I haven't looked myself, but does PHP have Apache API hooks, like
mod_perl does?
> Has something been done about the problem that the perl interpreter is too
> "fat"? Is it loaded into common memory now or some other trick?
The perl executable could easily be made as small as PHP, but then it
wouldn't be able to do much more than PHP.
> > Other languages to consider for use on web servers are Python, Ruby and
> > Java (for all platforms) and VisualBasic Script (for Microsoft IIS ASP
> > pages).
> (snip)
>
> The basic thrust of my question was to find out (from a perl advocate's
> perception) why PHP was even invented when it seems that they are so
> similar, perl can do everything it can, and has been around for so much
> longer.
IMNERHO, PHP was created for the same reason M$ FrontPage 98 was. Infer
from that what you will.
But can PHP do everything that Perl can do? Does PHP have the same
level of support as Perl?
--
I respectfully decline the invitation
to join your hallucination.
-- Dilbert
------------------------------
Date: 18 Jul 2001 09:12:10 +0200
From: Walter Hafner <hafner-usenet@ze.tu-muenchen.de>
Subject: Re: Perl or PHP?
Message-Id: <srj66cq1zjp.fsf@w3proj1.ze.tu-muenchen.de>
someone@home.com (Chris) writes:
> On Wed, 18 Jul 2001 00:08:06 +0930, "Martin Jericho"

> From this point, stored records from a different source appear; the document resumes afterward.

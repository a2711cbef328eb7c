-- ===== src/Slave/ReadSet/Reached.antt =====
-- What the reading thread watches in the states that the threads reach.
use slg.Base.{ℕ, ◌≡◌, Option, none, some, Bool, true}
use slg.Base.Outcome.{ok, Ensures}
use slg.Client.{Stats, M}
use slg.Slave.{System, Config, set_up, started, uninitialised, put_clients}
use slg.Slave.Writer.{writer_take, writer_serve}
use mathlib.Core.Path.{subst}
use slg.Slave.Reader.{reader_take, reader_serve}
use slg.Slave.Threads.{
  Step, Reach, here, next, writer_takes, writer_serves, reader_takes, reader_serves,
}
use slg.Client.Counts.{Unspecified}
use slg.Slave.ReadSet.{Covers, Unspecified}
use mathlib.Core.Option.{bind}
use slg.Circular.{open_circ}
use slg.Slave.ReadSet.Reading.{reader_take-Covers, reader_serve-Covers}
use slg.Slave.ReadSet.Writing.{writer_take-Covers, writer_serve-Covers}

pub returned {ℓ} :
    {A : Type ℓ} (P : A → Type 0) (m : M A) {a : A} → Ensures Unspecified P m → m ≡ ok a → P a
returned P m k e = subst (λ r. Ensures Unspecified P r) e k

Step-Covers : {s t : System} → Step s t → Covers s → Covers t
Step-Covers {s} (writer_takes f e) b =
    returned (λ (r : System × Bool). Covers r.0) (writer_take s) (writer_take-Covers s b) e
Step-Covers {s} (writer_serves j a lt e) b =
    returned Covers (writer_serve s j a) (writer_serve-Covers s j a b) e
Step-Covers {s} (reader_takes f e) b =
    returned (λ (r : System × Bool). Covers r.0) (reader_take s) (reader_take-Covers s b) e
Step-Covers {s} (reader_serves j a lt e) b =
    returned Covers (reader_serve s j a) (reader_serve-Covers s j a b) e

Reach-Covers : {s t : System} → Covers s → Reach s t → Covers t
Reach-Covers b here = b
Reach-Covers b (next r st) = Step-Covers st (Reach-Covers b r)

abbrev pub Yields {ℓ} : {A : Type ℓ} → (A → Type 0) → Option A → Type 0
Yields P none = Unit {0}
Yields P (some a) = P a

pub Yields-bind {ℓ κ} :
    {A : Type ℓ} {B : Type κ} (P : B → Type 0) (o : Option A) (f : A → Option B)
    → ((a : A) → Yields P (f a))
    → Yields P (bind o f)
unfolding bind
Yields-bind P none f h = tt
Yields-bind P (some a) f h = h a

set_up-Covers :
    (c : Config) (address max_connect : ℕ) (g : Stats)
    → Yields Covers (set_up c address max_connect g)
unfolding set_up started
set_up-Covers c address max_connect g =
    Yields-bind Covers (open_circ true (some uninitialised) c.nb_clients) _ (λ r.
      Yields-bind Covers (open_circ true (some uninitialised) c.nb_clients) _
        (λ w. Yields-bind Covers (put_clients 0 c.nb_clients w) _ (λ f j m. absurd (cc))))

started-Covers :
    (c : Config) (address max_connect : ℕ) (g : Stats) {s : System}
    → set_up c address max_connect g ≡ some s
    → Covers s
started-Covers c address max_connect g {s} e =
    subst (λ o. Yields Covers o) e (set_up-Covers c address max_connect g)

-- In every state that the two threads reach from the set-up of `main`, no descriptor that the reading
-- thread watches is above its `maxFd`, up to which it asks select, though the search for a new
-- `maxFd` looks at one descriptor only.
pub reachable-Covers :
    (c : Config) (address max_connect : ℕ) (g : Stats) {s t : System}
    → set_up c address max_connect g ≡ some s
    → Reach s t
    → Covers t
reachable-Covers c address max_connect g e r =
    Reach-Covers (started-Covers c address max_connect g e) r
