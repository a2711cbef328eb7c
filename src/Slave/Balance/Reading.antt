-- ===== src/Slave/Balance/Reading.antt =====
-- The rounds of `readingFunc` keep the counts in balance.
use slg.Base.{ℕ, ◌<◌, Option, none, some, Bool, Bool-cases, Option-cases, inl, inr}
use slg.Base.Outcome.{Ensures, Ensures-bind}
use slg.Circular.{CircularBuffer, get_circ}
use slg.Client.{Client, Stats, State, waiting, reading, writing, connecting}
use slg.Client.Receive.{read_response}
use slg.Client.Counts.{Unspecified, Counts, read_response-Counts}
use slg.Slave.{System, Taken, nothing, client, outside, taken_index, in_memory}
use slg.Slave.ReadSet.{Any, Ensures-Any}
use slg.Slave.Writer.{hand_over}
use slg.Slave.Reader
use slg.Slave.Reader.{ReaderAnswers, reader_take, reader_serve, release, after_read}
use slg.Slave.Balance.{IsBalanced, Balanced-update}

abbrev Taking : System × Bool → Type 0
Taking r = IsBalanced r.0

after_take-Balanced :
    (s : System) (ring : CircularBuffer) (t : Taken)
    → IsBalanced s
    → Ensures Unspecified Taking (Reader.after_take s ring t)
unfolding Reader.after_take Reader.take_client
after_take-Balanced s ring nothing b = b
after_take-Balanced s ring outside b = tt
after_take-Balanced s ring (client i) b = elim (Option-cases (s.all_clients i).fd) [
  | inl e ↦ rw e tt
  | inr (fd, e) ↦ rw e b
]

pub reader_take-Balanced : (s : System) → IsBalanced s → Ensures Unspecified Taking (reader_take s)
unfolding reader_take
reader_take-Balanced s b =
    let m = in_memory (get_circ s.to_read_buffer) in
    Ensures-bind Unspecified Any Taking m _ (Ensures-Any m)
      (λ r u. after_take-Balanced s r.1 (taken_index s.config.nb_clients r.0) b)

after_read-Balanced :
    (s : System) (i fd : ℕ) (st : State) (c : Client) (g : Stats)
    → i < s.config.nb_clients
    → IsBalanced s
    → Counts (s.all_clients i) s.stats c g
    → Ensures Unspecified IsBalanced (after_read s i fd st c g)
unfolding after_read release
after_read-Balanced s i fd reading c g lt (l, b) k =
    (l, Balanced-update s.config.nb_clients i s.all_clients s.stats c g lt b k)
after_read-Balanced s i fd waiting c g lt (l, b) k =
    (l, Balanced-update s.config.nb_clients i s.all_clients s.stats c g lt b k)
after_read-Balanced s i fd writing c g lt (l, b) k =
    let m = hand_over s.to_write_buffer i in
    Ensures-bind Unspecified Any IsBalanced m _ (Ensures-Any m)
      (λ r u. (l, Balanced-update s.config.nb_clients i s.all_clients s.stats c g lt b k))
after_read-Balanced s i fd connecting c g lt (l, b) k =
    let m = hand_over s.to_write_buffer i in
    Ensures-bind Unspecified Any IsBalanced m _ (Ensures-Any m)
      (λ r u. (l, Balanced-update s.config.nb_clients i s.all_clients s.stats c g lt b k))

serve-Balanced :
    (s : System) (i : ℕ) (a : ReaderAnswers) (fd : Option ℕ)
    → i < s.config.nb_clients
    → IsBalanced s
    → Ensures Unspecified IsBalanced (Reader.serve s i a (s.all_clients i) fd)
unfolding Reader.serve
serve-Balanced s i a none lt b = tt
serve-Balanced s i a (some fd) lt b = elim (Bool-cases (a.ready fd)) [
  | inl e ↦ rw e (
      let c = s.all_clients i in
      let m = read_response a.read_answer s.config.nb_msg_per_connection a.at_end c s.stats in
      Ensures-bind Unspecified (λ (r : Client × Stats). Counts c s.stats r.0 r.1) IsBalanced m _
        (read_response-Counts a.read_answer s.config.nb_msg_per_connection a.at_end c s.stats b.0
          (b.1.countable i))
        (λ r k. after_read-Balanced s i fd r.0.state r.0 r.1 lt b k))
  | inr e ↦ rw e b
]

pub reader_serve-Balanced :
    (s : System) (i : ℕ) (a : ReaderAnswers)
    → i < s.config.nb_clients
    → IsBalanced s
    → Ensures Unspecified IsBalanced (reader_serve s i a)
unfolding reader_serve
reader_serve-Balanced s i a lt b = elim (Bool-cases (s.internal_to_read i)) [
  | inl e ↦ rw e (serve-Balanced s i a (s.all_clients i).fd lt b)
  | inr e ↦ rw e b
]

> <mjericho.nospam@gmx.net> wrote in comp.lang.perl.misc:
>
> >1. What are the main differences/advantages between perl and PHP? As I
> >understand it, PHP is used inline in HTML and perl is purely a CGI language.
> >In that case, what is the advantage of perl over PHP?
>
> PHP is a scripting language that is exclusively (AFAIK) interpreted by the
> web server. It has no other use other than to generate web pages. It
> performs this task well.
Not quite. Although PHP is frequently embedded in the Apache executable
(similar to mod_perl), it can be compiled to an executable, just like
Perl.
The main difference for me is:
1) Normally you embed PHP code in HTML Pages.
2) Normally you embed HTML in Perl scripts.
Therfore i use PHP when i have much HTML output with few program logic
behind. Say, a personal greeting in an otherwise static page.
OTOH i use Perl when i have much program logic in mostly dynamic pages,
e.g. for greeting cards.
I know, that this is a matter of personal preference. I could use Perl
for static pages, too, using one of the many template modules. Same goes
with PHP.
It just seems more natural to me to select the language by the task to
do. But that's just me ...
As for the _typical_ Web tasks: You can solve them in each of the two
languages. Imho it's just a matter of personal preferences.
-Walter
------------------------------
Date: 6 Apr 2001 21:33:47 GMT (Last modified)
From: Perl-Users-Request@ruby.oce.orst.edu (Perl-Users-Digest Admin)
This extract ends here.